La SAAQ peut recourir à des évaluations médicales dans l’analyse des dossiers. Ces évaluations peuvent, dans certains cas, minimiser l’impact fonctionnel réel des atteintes psychiques ou cognitives. En général, la victime doit établir, selon la prépondérance des probabilités, le lien entre ses séquelles et l’accident. Dans les dossiers médicaux complexes, le témoignage de la victime doit généralement être corroboré par d’autres éléments de preuve.

La théorie du crâne fragile : quand une condition préexistante complique le dossier

Certaines victimes hésitent à faire valoir leurs séquelles psychiques parce qu’elles présentaient, avant l’accident, des antécédents d’anxiété, de dépression ou d’autre condition psychiatrique. Ce contexte n’empêche pas l’indemnisation mais il la complexifie.
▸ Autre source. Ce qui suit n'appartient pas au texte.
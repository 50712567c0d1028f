-- ===== src/Lib.antt =====
-- A model of the operators of vcluster-manager: the controllers that create, watch, suspend and
-- destroy the virtual clusters of a host cluster (a cell), and those that back them up and restore
-- them.
--
-- A VCluster object asks for one virtual cluster. Each pass of its controller (Reconcile) refuses
-- an object that is out of place, then either runs the deletion sequence (protection of the spec,
-- Rancher, backup, destruction) or the live path: suspension, admission against the cell's budget,
-- provisioning, integrations, observation, aggregation of the status. The marker
-- VClusterVeleroOps carries orders for backups and restores, and has a controller of its own.
--
-- Prelude.antt          helpers: tests on numbers, options, lists, signed integers
-- Kube.antt             conditions and finalizers, and the functions of apimachinery and
--                       controller-runtime on them, as an interface with their documented laws;
--                       Kube/Store.antt is a concrete instance
-- VCluster.antt         api/v1alpha1/vcluster_types.go, vcluster_deletion.go
-- Reconciler.antt       the fields of VClusterReconciler, the calls that it makes, and one pass as
--                       a function of the object, the clock and the world; Reconciler/Answers.antt
--                       has the result types of internal/service
-- Text.antt, Names.antt names of vclusters, internal/service/vcluster.go (validName) and
--                       internal/controller/namespace_guard.go
-- Ttl.antt              VeleroTTLFromShort of internal/gitops/objects.go
-- Deletion/             internal/controller/vcluster_finalizer.go: Steps (protection, Rancher,
--                       backup), Final (destruction), Sequence (the loop over the steps, the
--                       finalizer); Trace reads the log of a pass, the other files are proofs
-- Status/               internal/controller/vcluster_status.go: Observe and Aggregate
-- Provision.antt        internal/controller/vcluster_provision.go
-- Budget.antt           internal/controller/vcluster_budget.go, internal/kubernetes/budget.go
-- Integrations.antt     internal/controller/vcluster_integrations.go
-- Lifecycle.antt        internal/controller/vcluster_controller.go: Reconcile, reconcileAll and
--                       reconcileSuspend
-- Marker/               internal/controller/veleroops_controller.go, over the seam of
--                       internal/veleroops/ops.go: Backup, Restore, Reconcile
-- Cluster.antt, Cluster/ internal/kubernetes/velero.go over the dynamic client: Workloads
--                       (topology, quiescing, volumes, Flux), Velero (backups and restores),
--                       Orders (the marker); Topology is a proof
-- Velero.antt, Velero/  internal/service/velero.go: Restore (the staged restore in place), Request
--                       (orders and backups), Follow (watcher, polls, inspection), Operator (the
--                       service as the seam of internal/veleroops); the other files are proofs
-- Registry.antt         internal/config/cleaning.go, deleting.go, rancher_pairing.go
-- Teardown.antt, Teardown/ the service behind the deletion: Rancher (internal/service/rancher.go),
--                       Unpairing (the Rancher half of vcluster_deletion.go), Final (teardown,
--                       namespace, backup, protection, sleep)
-- Auth.antt             internal/auth/ratelimit.go and csrf.go
-- Gitops.antt, Gitops/  internal/gitops: the branches and the actions of a commit;
--                       Kustomization is UpdateKustomization of generator.go
-- Gitlab.antt, Gitlab/  internal/gitops/gitlab.go: retries, listings, cache and commits; the files
--                       below it are proofs
-- Fluxprod.antt, Fluxprod/ the service that declares vclusters in Git: Fields, Create and Delete
--                       (internal/service/vcluster.go), Form and Settings (settings.go); the
--                       other files are proofs
-- Charts.antt, Charts/  internal/helmcharts/updater.go; Yaml is its edits of trees
-- Policy.antt           the groups of the ArgoCD policy: their validation
--                       (internal/service/vcluster_validation.go), rendering and parsing
--                       (internal/gitops/generator.go, parser.go) and the form's field
--                       (splitGroups of internal/handlers/vcluster.go)
-- Floor.antt            internal/service/vcluster_quota_floor.go
-- Choice.antt           pickDeletionBackup of internal/service/vcluster_deletion.go
-- Tests/                runs on concrete objects
--
-- A pass is a function from a run (the time, the object, the world, the log of calls) to its
-- result and the next run. A call of the service or of the client takes the world to an answer and
-- a new world, both arbitrary, and is logged with its answer, the latest first; so the statements
-- hold for whatever the cluster does between two calls. The clock is read once for a pass.
--
-- Times and durations are natural numbers of seconds, and 0 is the zero time; a difference of
-- times stops at 0, where time.Since would be negative and exceed no bound either. A text that is
-- taken apart is the list of its code points; ToLower is written out for ASCII. The functions of
-- apimachinery on conditions (KubeApi) and on quantities (QuantityApi) and time.Parse are
-- parameters. Messages of conditions are prose and are left out; where the code branches on a
-- reason, the reason is there. The dynamic client of client-go is a parameter (Dynamic); a theorem
-- that needs its server to be left alone says so (QuietServer). A number of pods is taken to fit the
-- int32 of the status. The waits for pods poll at most
-- sixty times, thirty seconds at two polls a second; the watcher of a restore is given any number
-- of ticks before its deadline, and every number of them ends it. Printing a 64-bit number has fuel
-- for twenty digits, as many as such a number can have.
--
-- The pages of a listing of GitLab are read on fuel: one round more than the number of the last page
-- is enough, and a theorem says so.
--
-- Not modelled: what GitLab is asked for in the repository of an application, the pages that only read and the observation of vclusters (HTTP and client-go calls),
-- the listing and the content of backups, the web pages, the templates of the generator and the
-- parser of values, the remote clients of Rancher, Keycloak and Vault, which are interfaces, login
-- and sessions, the version of ArgoCD and the polling of releases, the configuration but for its lists, and the processes' wiring.
pub mod Prelude
pub mod Kube
pub mod VCluster
pub mod Velero
pub mod Reconciler
pub mod Registry
pub mod Auth
pub mod Policy
pub mod Gitops
pub mod Gitlab
pub mod Fluxprod
pub mod Teardown
pub mod Text
pub mod Deletion
pub mod Status
pub mod Names
pub mod Ttl
pub mod Provision
pub mod Budget
pub mod Integrations
pub mod Lifecycle
pub mod Marker
pub mod Charts
pub mod Choice
pub mod Cluster
pub mod Floor
pub mod Tests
En droit québécois, le droit peut permettre d’indemniser l’aggravation d’un état préexistant lorsqu’elle est causée par l’accident. En pratique, l’indemnisation vise l’atteinte ou l’aggravation liée à l’accident, selon les règles applicables.

Pour démontrer cette aggravation, la victime doit disposer d’une preuve médicale qui documente à la fois son état antérieur et son état post-accident. Il s’agit d’un exercice probatoire exigeant, qui nécessite la coordination rigoureuse entre l’avocat et les experts médicaux mandatés.

Contester la décision de la SAAQ : ce qu’il faut savoir

Lorsqu’une décision de la SAAQ sous-évalue ou refuse des séquelles invisibles, la victime dispose de recours prévus par la Loi sur l’assurance automobile. Ces recours sont strictement encadrés dans le temps. Pour une présentation complète des étapes de contestation, consultez notre guide : Comment contester une décision de la SAAQ.

Le délai de contestation : une contrainte stricte

Pour certaines décisions liées à la SAAQ, le délai de contestation se calcule à partir de la réception de la décision écrite, selon les règles applicables au recours. Le non-respect de ce délai peut compromettre sérieusement la contestation. Il est fortement recommandé de vérifier les délais applicables à son dossier dès réception de toute décision de la SAAQ.

Selon le recours applicable, l’absence de décision dans le délai prévu peut ouvrir d’autres étapes de contestation, notamment devant le Tribunal administratif du Québec (TAQ).

La contre-expertise indépendante, la pièce maîtresse du dossier

Dans les dossiers complexes, le témoignage de la victime est souvent insuffisant à lui seul, et une expertise médicale ou psychologique indépendante peut être déterminante devant le TAQ.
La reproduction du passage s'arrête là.